Qu’on les apprête au vin blanc ou à la crème, les moules ont beaucoup d’adeptes : au Canada, on en récolte plus de 20 000 tonnes par année. Mais avant d’atterrir dans nos supermarchés, les moules doivent être débyssées, c’est-à-dire départies de leur byssus, ce faisceau de fils dorés et rêches qui leur permet de se fixer aux rochers.
Pour l’instant, le byssus est simplement jeté aux ordures, ce qui représente 200 tonnes de déchets par année. Isabelle Marcotte, professeure au Département de chimie, et son collègue Christian Pellerin, de l’Université de Montréal, veulent lui trouver un meilleur usage. Le byssus possède en effet des propriétés exceptionnelles.
«En fait de résistance, de rigidité et d’élasticité, le byssus est uniquement surpassé par la soie d’araignée», affirme la Isabelle Marcotte.
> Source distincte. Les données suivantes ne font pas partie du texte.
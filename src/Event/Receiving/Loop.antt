-- ===== src/Event/Receiving/Loop.antt =====
-- What a round of `wslay_event_recv` keeps of the sending half, and its loop.
use wslay.Prelude.{
  ℕ, true, false, not, ◌&&◌, ◌||◌, ltb, ◌==◌, Bool, Bool-cases, inl, inr, if◌then◌else◌, Option,
  none, some, [], ℤ, pos, is_nonzero, same_int,
}
use wslay.Protocol.{
  Error, code, want_read, wouldblock, callback_failure, Iocb, data_length, code_protocol_error,
  code_message_too_big,
}
use wslay.Utf8.{utf8_reject}
use wslay.Frame.Bytes.{add64}
use wslay.Frame.Context.{RecvContext, Outcome, ok, err, At}
use wslay.Frame.Recv.{frame_recv}
use wslay.Event.Context.{User, EventCallbacks, EventContext, frame_callbacks}
use wslay.Event.Queueing.{queue_close_wrapper}
use wslay.Event.Send.{Round, again, returns}
use wslay.Event.Recv.{
  RecvCallbacks, imsg, close_and_stop, bad_frame, begin_frame, buffers, check_utf8, checked_bytes,
  call_start, call_chunk, start_frame, take_piece,
}
use wslay.Event.RecvLoop.{
  receive_piece, receive_frame, recv_failed, with_input, after_recv, recv_round, event_recv,
}
use wslay.Event.Closing.{RoundAll, SentAll}
use wslay.Event.Kept.{event_recv-All}
use wslay.Event.Receiving.{Sending, Of, IsKept, round_either}
use wslay.Event.Receiving.Message.{
  BegunAll, begin_frame-Of, close_and_stop-Of, check_utf8-Of, finish_frame-Of,
}

module _ {W : Type 0} (Q : Sending W → Type 0) (on : RecvCallbacks W) (kept : IsKept Q on) where
  abbrev Started : Option (EventContext W) → Type 0
  Started none = Unit
  Started (some ctx) = Of Q ctx

  if_of : (b : Bool) (p q : EventContext W) → Of Q p → Of Q q → Of Q (if b then p else q)
  if_of true p q h k = h
  if_of false p q h k = k

  start_frame-Started :
      (iocb : Iocb) (ctx : EventContext W) → Of Q ctx → Started (start_frame on iocb ctx)
  unfolding start_frame
  start_frame-Started iocb ctx h =
      let begun = record ctx { ipayloadlen = iocb.payload_length } in
      let called = call_start on iocb begun in
      let after = kept.starting iocb begun h in
      elim (Bool-cases
        (ltb ctx.max_recv_msg_length (add64 (imsg ctx).msg_length iocb.payload_length))) [
          | inl long ↦ rw long tt
          | inr fits ↦ rw fits (if_of (buffers iocb called) _ called after after)
        ]

  take_piece-Of : (iocb : Iocb) (ctx : EventContext W) → Of Q ctx → Of Q (take_piece on iocb ctx)
  unfolding take_piece
  take_piece-Of iocb ctx h =
      let called = call_chunk on iocb ctx in
      let after = kept.taking iocb ctx h in
      if_of (ltb 0 (data_length iocb)) _ called (if_of (buffers iocb called) _ called after after)
        after

  receive_piece-Of :
      (iocb : Iocb) (ctx : EventContext W) → Of Q ctx → RoundAll (Of Q) (receive_piece on iocb ctx)
  unfolding receive_piece
  receive_piece-Of iocb ctx h =
      let (failed, checked) = check_utf8 (checked_bytes iocb ctx) ctx in
      let after = check_utf8-Of Q on kept (checked_bytes iocb ctx) ctx h in
      let taken = take_piece on iocb checked in
      let put = take_piece-Of iocb checked after in
      by_failure failed checked after _ (
        round_either Q ((imsg checked).utf8state == utf8_reject) (returns (pos 0) checked) _ after (
          round_either Q (taken.ipayloadoff == taken.ipayloadlen) _ (again taken)
            (finish_frame-Of Q on kept iocb taken put) put))
    where
      by_failure :
          (o : Option ℤ) (c : EventContext W)
          → Of Q c
          → (r : Round W) → RoundAll (Of Q) r
          → RoundAll (Of Q) (elim o [ some n ↦ returns n c | none ↦ r ])
      by_failure none c k r j = j
      by_failure (some n) c k r j = k

  by_start :
      (o : Option (EventContext W)) (iocb : Iocb) (ctx : EventContext W)
      → Started o
      → Of Q ctx
      → RoundAll (Of Q) (elim o [
        | none ↦ close_and_stop code_message_too_big ctx
        | some started ↦ receive_piece on iocb started
      ])
  by_start none iocb ctx s h = close_and_stop-Of Q on kept code_message_too_big ctx h
  by_start (some c) iocb ctx s h = receive_piece-Of iocb c s

  by_begin :
      (o : Option (Bool × EventContext W)) (iocb : Iocb) (ctx : EventContext W)
      → BegunAll Q o
      → Of Q ctx
      → RoundAll (Of Q) (elim o [
        | none ↦ close_and_stop code_protocol_error ctx
        | some (new_frame, begun) ↦
            if new_frame
            then elim (start_frame on iocb begun) [
              | none ↦ close_and_stop code_message_too_big begun
              | some started ↦ receive_piece on iocb started
            ]
            else receive_piece on iocb begun
      ])
  by_begin none iocb ctx s h = close_and_stop-Of Q on kept code_protocol_error ctx h
  by_begin (some (new_frame, c)) iocb ctx s h =
      round_either Q new_frame _ (receive_piece on iocb c)
        (by_start (start_frame on iocb c) iocb c (start_frame-Started iocb c s) s)
        (receive_piece-Of iocb c s)

  receive_frame-Of :
      (iocb : Iocb) (ctx : EventContext W) → Of Q ctx → RoundAll (Of Q) (receive_frame on iocb ctx)
  unfolding receive_frame
  receive_frame-Of iocb ctx h =
      round_either Q (bad_frame iocb ctx) _ _
        (close_and_stop-Of Q on kept code_protocol_error ctx h)
        (by_begin (begin_frame iocb ctx) iocb ctx (begin_frame-Of Q iocb ctx h) h)

  recv_failed-Of :
      (e : Error) (ctx : EventContext W) → Of Q ctx → RoundAll (Of Q) (recv_failed on e ctx)
  unfolding recv_failed
  recv_failed-Of e ctx h =
      let (r, ctx') = queue_close_wrapper ctx 0 [] in
      let after = kept.closing ctx 0 [] h in
      round_either Q
        (not (same_int (code e) (code want_read))
          || (not (same_int ctx.user.error (code wouldblock))
              && not (same_int ctx.user.error (pos 0))))
        _ (returns (pos 0) ctx)
        (round_either Q (is_nonzero r) (returns r ctx') (returns (code callback_failure) ctx') after
          after)
        h

  after_recv-Of :
      (ctx : EventContext W) (o : Outcome (At RecvContext (User W)) Iocb)
      → Of Q ctx
      → RoundAll (Of Q) (after_recv on ctx o)
  unfolding after_recv
  after_recv-Of ctx (ok iocb s) h = receive_frame-Of iocb (with_input on ctx s) h
  after_recv-Of ctx (err e s) h = recv_failed-Of e (with_input on ctx s) h

  pub recv_round-Of :
      (cb : EventCallbacks W) (ctx : EventContext W)
      → Of Q ctx
      → RoundAll (Of Q) (recv_round on cb ctx)
  unfolding recv_round
  recv_round-Of cb ctx h =
      after_recv-Of ctx
        (frame_recv (frame_callbacks cb) (record { ctx = ctx.frame_ctx.input; world = ctx.user })) h

  -- `wslay_event_recv` keeps of the sending half what the functions it calls keep.
  pub event_recv-Of :
      (cb : EventCallbacks W) (rounds : ℕ) (ctx : EventContext W)
      → Of Q ctx
      → SentAll (Of Q) (event_recv on cb rounds ctx)
  event_recv-Of cb = event_recv-All (Of Q) cb on (recv_round-Of cb)
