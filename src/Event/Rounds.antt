-- ===== src/Event/Rounds.antt =====
-- The loop of `wslay_event_send` ends when no message has fragments: every round that goes on has
-- sent a message.
use wslay.Prelude.{
  ℕ, zero, suc, ◌+◌, ◌-◌, ◌≤◌, ◌<◌, ◌≡◌, refl, sym, ap, subst, ◌==◌, Bool-cases, inl, inr, Option,
  none, some, length, slice, arith, ℤ, pos,
}
use wslay.Protocol.{connection_close}
use wslay.Frame.Bytes.{add64}
use wslay.Frame.Context.{SendContext, Outcome, ok, err, At}
use wslay.Frame.Send.{frame_send}
use wslay.Event.Context.{User, Omsg, EventCallbacks, EventContext, frame_callbacks}
use wslay.Event.Send.{Round, again, returns, choose, want_to_write}
use wslay.Event.SendLoop.{
  with_frame, at_frame, make_iocb, msg_sent, after_whole, send_whole, send_msg, send_chosen,
  after_round, round, event_send,
}
use wslay.Event.Closing.{OnAgain, send_failed-again}
use wslay.Event.Counts.{
  held, held_omsg, IsWhole, IsWholeMsg, IsWholeOmsg, choose-Keeps, want_to_write-held,
}

module _ {W : Type 0} where
  -- The messages in the queues alone.
  abbrev queued : EventContext W → ℕ
  queued ctx = length ctx.send_queue + length ctx.send_ctrl_queue

  -- A message is gone, and the others have no fragments.
  abbrev Sent : ℕ → EventContext W → Type 0
  Sent n ctx = (held ctx ≤ n) × IsWhole ctx

  msg_sent-Sent :
      (m : Omsg W) (ctx : EventContext W) → IsWhole ctx → Sent (queued ctx) (msg_sent m ctx)
  unfolding msg_sent
  msg_sent-Sent m ctx w = elim (Bool-cases (m.opcode == connection_close)) [
    | inl close ↦ rw close (omega arith, record { queue = w.queue; ctrl = w.ctrl; omsg = tt })
    | inr other ↦ rw other (omega arith, record { queue = w.queue; ctrl = w.ctrl; omsg = tt })
  ]

  after_whole-Sent :
      (m : Omsg W) (ctx : EventContext W) (o : Outcome (At SendContext (User W)) ℕ)
      → IsWhole ctx
      → OnAgain (Sent (queued ctx)) (after_whole m ctx o)
  unfolding after_whole with_frame
  after_whole-Sent m ctx (ok n s) w =
      let ctx' = record (with_frame ctx s) { opayloadoff = add64 ctx.opayloadoff n } in
      elim (Bool-cases (ctx'.opayloadoff == ctx'.opayloadlen)) [
        | inl all_sent ↦
            rw all_sent
              (msg_sent-Sent m ctx' (record { queue = w.queue; ctrl = w.ctrl; omsg = w.omsg }))
        | inr more ↦ rw more tt
      ]
  after_whole-Sent m ctx (err e s) w = send_failed-again (Sent (queued ctx)) e (with_frame ctx s)

  -- The rounds were enough, and the function returned.
  pub record Returned (o : Option (ℤ × EventContext W)) : Type 0 where
    pub result : ℤ
    pub after : EventContext W
    pub is : o ≡ some (result, after)

  module _ (cb : EventCallbacks W) where
    send_chosen-Sent :
        (o : Option (Omsg W)) (ctx : EventContext W)
        → ctx.omsg ≡ o
        → IsWhole ctx
        → OnAgain (λ c. (held c < held ctx) × IsWhole c) (send_chosen cb o ctx)
    unfolding send_chosen send_msg send_whole
    send_chosen-Sent none ctx e w = tt
    send_chosen-Sent (some m) ctx e w =
        let payload = slice ctx.opayloadoff (ctx.opayloadlen - ctx.opayloadoff) m.bytes in
        let whole : IsWholeMsg m = subst IsWholeOmsg e w.omsg in
        subst (λ t. OnAgain (λ c. (held c < held ctx) × IsWhole c) (send_msg cb t m ctx))
          (sym whole)
          (closer ctx (omega (arith, ap held_omsg e))
            (after_whole m ctx
              (frame_send (frame_callbacks cb) (make_iocb m ctx payload 1) (at_frame ctx)))
            (after_whole-Sent m ctx
              (frame_send (frame_callbacks cb) (make_iocb m ctx payload 1) (at_frame ctx)) w))
      where
        closer :
            (c : EventContext W)
            → queued c < held c
            → (r : Round W) → OnAgain (Sent (queued c)) r
            → OnAgain (λ d. (held d < held c) × IsWhole d) r
        closer c lt (again d) h = (omega (arith, h.0, lt), h.1)
        closer c lt (returns n d) h = tt

    pub round-Sent :
        (ctx : EventContext W)
        → IsWhole ctx
        → OnAgain (λ c. (held c < held ctx) × IsWhole c) (round cb ctx)
    unfolding round
    round-Sent ctx w =
        let k = choose-Keeps ctx in
        let chosen = (choose ctx).1 in
        elim (Bool-cases (choose ctx).0) [
          | inl going ↦ rw going (
              further (held chosen) (held ctx) k.fewer (send_chosen cb chosen.omsg chosen)
                (send_chosen-Sent chosen.omsg chosen refl (k.still_whole w)))
          | inr stop ↦ rw stop tt
        ]
      where
        further :
            (a b : ℕ)
            → a ≤ b
            → (r : Round W) → OnAgain (λ d. (held d < a) × IsWhole d) r
            → OnAgain (λ d. (held d < b) × IsWhole d) r
        further a b le (again d) h = (omega (arith, h.0, le), h.1)
        further a b le (returns n d) h = tt

    after_round-Returned :
        (next : EventContext W → Option (ℤ × EventContext W)) (P : EventContext W → Type 0)
        → ((c : EventContext W) → P c → Returned (next c))
        → (r : Round W) → OnAgain P r
        → Returned (after_round next r)
    unfolding after_round
    after_round-Returned next P ih (again c) h = ih c h
    after_round-Returned next P ih (returns n c) h = record { result = n; after = c; is = refl }

    -- `wslay_event_send` returns: when no message has fragments, its loop makes at most one round for
    -- each message that the context holds.
    pub event_send-Returned :
        (rounds : ℕ) (ctx : EventContext W)
        → IsWhole ctx
        → held ctx ≤ rounds
        → Returned (event_send cb rounds ctx)
    unfolding event_send
    event_send-Returned zero ctx w le = elim (Bool-cases (want_to_write ctx)) [
      | inl more ↦ absurd (omega (arith, want_to_write-held ctx more, le))
      | inr idle ↦ rw idle (record { result = pos 0; after = ctx; is = refl })
    ]
    event_send-Returned (suc rounds) ctx w le = elim (Bool-cases (want_to_write ctx)) [
      | inl more ↦ rw more (
          after_round-Returned (event_send cb rounds) (λ c. (held c < held ctx) × IsWhole c)
            (λ c h. event_send-Returned rounds c h.1 (omega (arith, h.0, le))) (round cb ctx)
            (round-Sent ctx w))
      | inr idle ↦ rw idle (record { result = pos 0; after = ctx; is = refl })
    ]
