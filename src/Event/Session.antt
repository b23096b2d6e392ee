-- ===== src/Event/Session.antt =====
-- A whole session with the event layer: calls that queue, configure and send, and calls of
-- `wslay_event_recv`, whose callbacks call functions of the library in their turn.
pub mod Shutting
pub mod Bounded
pub mod Counting
mod Tests
use wslay.Prelude.{ℕ, ◌≡◌, sym, subst, Option, none, some, List, [], ◌∷◌, All, ℤ, pos, bit_or}
use wslay.Protocol.{Iocb}
use wslay.Event.Context.{User, EventCallbacks, EventContext, close_received}
use wslay.Event.Queueing.{Msg}
use wslay.Event.Recv.{RecvCallbacks, OnMsgRecvArg, call_start, call_chunk, call_end, call_msg}
use wslay.Event.RecvLoop.{event_recv}
use wslay.Event.Closing.{SentAll}
use wslay.Event.Calls.{Call, queues, fails, sent_context, after_call}
use wslay.Event.Receiving.{Sending, Of, IsKept}
use wslay.Event.Receiving.Loop.{event_recv-Of}

-- What the application does outside `wslay_event_recv` and in its callbacks: a call, or a change of
-- its own data and of `error`.
pub data Act (W : Type 0) : Type 0 where
  does : Call W → Act W
  changes : User W → Act W

unfoldable pub after_acts :
    {W : Type 0} → EventCallbacks W → List (Act W) → EventContext W → EventContext W
after_acts cb [] ctx = ctx
after_acts cb (does c ∷ acts) ctx = after_acts cb acts (after_call cb c ctx)
after_acts cb (changes user ∷ acts) ctx = after_acts cb acts (record ctx { user = user })

-- A step of the session; `wslay_event_recv` has a bound on its rounds.
pub data Step (W : Type 0) : Type 0 where
  acts : Act W → Step W
  receives : RecvCallbacks W → ℕ → Step W

-- The context after `wslay_event_recv` is as it was if the rounds were too few.
unfoldable pub after_steps :
    {W : Type 0} → EventCallbacks W → List (Step W) → EventContext W → EventContext W
unfolding after_acts sent_context
after_steps cb [] ctx = ctx
after_steps cb (acts a ∷ steps) ctx = after_steps cb steps (after_acts cb (a ∷ []) ctx)
after_steps cb (receives on rounds ∷ steps) ctx =
    after_steps cb steps (sent_context ctx (event_recv on cb rounds ctx))

module _ {W : Type 0} (cb : EventCallbacks W) (IsFine : Call W → Type 0) where
  abbrev pub IsFineAct : Act W → Type 0
  IsFineAct (does c) = IsFine c
  IsFineAct (changes user) = Unit

  -- The context `after` a callback is one that the functions of the library lead to.
  pub record Acts (before after : EventContext W) : Type 0 where
    pub done : List (Act W)
    pub fine : All IsFineAct done
    pub is : after ≡ after_acts cb done before

  -- Every callback does what the application may do.
  pub record IsActing (on : RecvCallbacks W) : Type 0 where
    pub starting : (iocb : Iocb) (ctx : EventContext W) → Acts ctx (call_start on iocb ctx)
    pub taking : (iocb : Iocb) (ctx : EventContext W) → Acts ctx (call_chunk on iocb ctx)
    pub ending : (ctx : EventContext W) → Acts ctx (call_end on ctx)
    pub passing :
        (arg : OnMsgRecvArg) (ctx : EventContext W)
        → Acts (record ctx { user = record ctx.user { error = pos 0 } }) (call_msg on arg ctx)

  abbrev pub IsFineStep : Step W → Type 0
  IsFineStep (acts a) = IsFineAct a
  IsFineStep (receives on rounds) = IsActing on

  -- A property of the sending half that the calls keep.
  pub record Lasts (Q : Sending W → Type 0) : Type 0 where
    pub calling :
        (c : Call W) (ctx : EventContext W) → IsFine c → Of Q ctx → Of Q (after_call cb c ctx)
    pub failing : (n : ℕ) (reason : List ℕ) → IsFine (fails n reason)
    pub queueing : (arg : Msg) → IsFine (queues arg)
    pub closed :
        (ctx : EventContext W)
        → Of Q ctx
        → Of Q (record ctx { close_status = bit_or ctx.close_status close_received })

  module _ (Q : Sending W → Type 0) (lasts : Lasts Q) where
    after_acts-Of :
        (done : List (Act W)) (ctx : EventContext W)
        → All IsFineAct done
        → Of Q ctx
        → Of Q (after_acts cb done ctx)
    unfolding after_acts
    after_acts-Of [] ctx fine h = h
    after_acts-Of (does c ∷ done) ctx fine h =
        after_acts-Of done (after_call cb c ctx) fine.1 (lasts.calling c ctx fine.0 h)
    after_acts-Of (changes user ∷ done) ctx fine h =
        after_acts-Of done (record ctx { user = user }) fine.1 h

    acted : (before after : EventContext W) → Acts before after → Of Q before → Of Q after
    acted before after a h = subst (Of Q) (sym a.is) (after_acts-Of a.done before a.fine h)

    pub acting-IsKept : (on : RecvCallbacks W) → IsActing on → IsKept Q on
    unfolding after_call
    acting-IsKept on a = record {
      closing = λ ctx n reason h. lasts.calling (fails n reason) ctx (lasts.failing n reason) h;
      queueing = λ ctx arg h. lasts.calling (queues arg) ctx (lasts.queueing arg) h;
      closed = lasts.closed;
      starting = λ iocb ctx h. acted ctx (call_start on iocb ctx) (a.starting iocb ctx) h;
      taking = λ iocb ctx h. acted ctx (call_chunk on iocb ctx) (a.taking iocb ctx) h;
      ending = λ ctx h. acted ctx (call_end on ctx) (a.ending ctx) h;
      passing = λ arg ctx h.
          acted (record ctx { user = record ctx.user { error = pos 0 } }) (call_msg on arg ctx)
            (a.passing arg ctx) h;
    }

    sent_context-Of :
        (ctx : EventContext W) (o : Option (ℤ × EventContext W))
        → Of Q ctx
        → SentAll (Of Q) o
        → Of Q (sent_context ctx o)
    unfolding sent_context
    sent_context-Of ctx none h k = h
    sent_context-Of ctx (some (r, c)) h k = k

    -- What the calls keep, a whole session keeps.
    pub after_steps-Of :
        (steps : List (Step W)) (ctx : EventContext W)
        → All IsFineStep steps
        → Of Q ctx
        → Of Q (after_steps cb steps ctx)
    unfolding after_steps
    after_steps-Of [] ctx fine h = h
    after_steps-Of (acts a ∷ steps) ctx fine h =
        after_steps-Of steps (after_acts cb (a ∷ []) ctx) fine.1
          (after_acts-Of (a ∷ []) ctx (fine.0, tt) h)
    after_steps-Of (receives on rounds ∷ steps) ctx fine h =
        let o = event_recv on cb rounds ctx in
        after_steps-Of steps (sent_context ctx o) fine.1
          (sent_context-Of ctx o h (event_recv-Of Q on (acting-IsKept on fine.0) cb rounds ctx h))
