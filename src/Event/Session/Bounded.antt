-- ===== src/Event/Session/Bounded.antt =====
-- The bounds of the sending half over a whole session.
use wslay.Prelude.{Bool, List, All}
use wslay.Event.Context.{EventCallbacks, event_context_new}
use wslay.Event.Receiving.{Sending}
use wslay.Event.Bounds.{IsStored, IsUnderWay, InBounds}
use wslay.Event.Bounds.Calls.{IsProper, after_call-InBounds, event_context_new-InBounds}
use wslay.Event.Session.{Step, after_steps, IsFineStep, after_steps-Of}

module _ {W : Type 0} where
  abbrev SendingInBounds : Sending W → Type 0
  SendingInBounds s =
      IsStored s.send_ctrl_queue s.send_queue s.obufmark s.obuflimit s.obuf
      × IsUnderWay s.omsg s.opayloadoff s.opayloadlen

  -- In every state of a session with a new context, whatever is called in it and in the callbacks of
  -- `wslay_event_recv`, as long as reading callbacks fill in no more than they are asked for, the
  -- control messages that wait or are sent have at most 125 bytes, `obufmark` and `obuflimit` are
  -- inside the 4096 bytes of `obuf`, and `opayloadoff` is inside the payload that is sent.
  pub after_steps-InBounds :
      (cb : EventCallbacks W) (server : Bool) (user_data : W) (steps : List (Step W))
      → All (IsFineStep cb IsProper) steps
      → InBounds (after_steps cb steps (event_context_new server user_data))
  after_steps-InBounds cb server user_data steps fine =
      after_steps-Of cb IsProper SendingInBounds
        (record {
          calling = λ c ctx p h. after_call-InBounds cb c ctx p h;
          failing = λ n reason. tt;
          queueing = λ arg. tt;
          closed = λ ctx h. h;
        })
        steps (event_context_new server user_data) fine
        (event_context_new-InBounds server user_data)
La toile des aranéides, on le sait, est un matériau vedette plus solide que l’acier et ses usages potentiels sont multiples.
Une complexité inouïe
Pour percer le secret du byssus de Mytilus edulis – l’espèce de moules la plus répandue sur la côte atlantique – et comprendre ses atouts mécaniques, l’équipe d’Isabelle Marcotte étudie sa structure moléculaire grâce à des techniques de résonance magnétique nucléaire et de spectroscopie. Chaque fil du byssus est composé d’une interminable protéine riche en collagène, dont la composition atomique varie d’une extrémité à l’autre du filament. L’ensemble est d’une complexité inouïe : selon les observations de l’équipe, certaines zones du byssus sont plus dynamiques que d’autres et les molécules y possèdent davantage de liberté de mouvement.
Isabelle Marcotte veut comprendre comment différents facteurs – comme la température, la disponibilité de la nourriture ou la turbulence des courants marins – affectent la résistance du byssus. Pour ce faire, elle collabore avec Réjean Tremblay, de l’Institut des sciences de la mer de Rimouski (ISMER). Ce dernier a démontré que l’automne, quand la mer est houleuse, le byssus peut résister à une traction de 40 Newtons – l’équivalent de la force exercée par une bouteille d’eau de Javel en suspension – alors que l’été, la moitié de cette force suffit pour arracher le mollusque de son site d’ancrage. Le but de cette analyse : pouvoir planifier la récolte du byssus au moment opportun, de façon à maximiser les propriétés des biomatériaux qui en résulteront.
Tendons artificiels et fil de suture
C’est dans les salles d’opération que le byssus pourrait éventuellement faire son entrée. Tendons artificiels, fil de suture ou véhicule pour administrer des médicaments : les possibilités sont multiples pour cette excroissance rêche du mollusque, dont la haute teneur en protéines diminue les risques de rejet par le corps humain.
À plus court terme, les travaux des chimistes de l’UQAM sont porteurs d’espoir pour les myticulteurs, en particulier ceux affiliés au Centre maricole des Îles-de-la-Madeleine (MAPAQ), qui participent à l’étude. À l’heure actuelle, ces derniers perdent jusqu’au tiers des moules qu’ils produisent. Il faut savoir qu’elles sont cultivées autour d’un câble sous-marin auquel elles s’accrochent. Or, beaucoup d’entre elles tombent au fond de l’eau.
En plus de constituer une perte importante pour l’industrie, ce phénomène créé une accumulation de matière organique dans les fonds marins, appelée eutrophisation. Isabelle Marcotte veut régler ce problème : «En comprenant mieux les mécanismes qui influencent la force d’attachement des moules, on pourra suggérer de nouvelles méthodes d’élevage et de récolte. De plus, on pourra valoriser une fibre qui est normalement jetée, ce qui ouvre un nouveau marché pour les éleveurs!»
Qui aurait cru que des chimistes, dans leur laboratoire, allaient un jour aider des producteurs de moules à arrondir leurs fins de mois?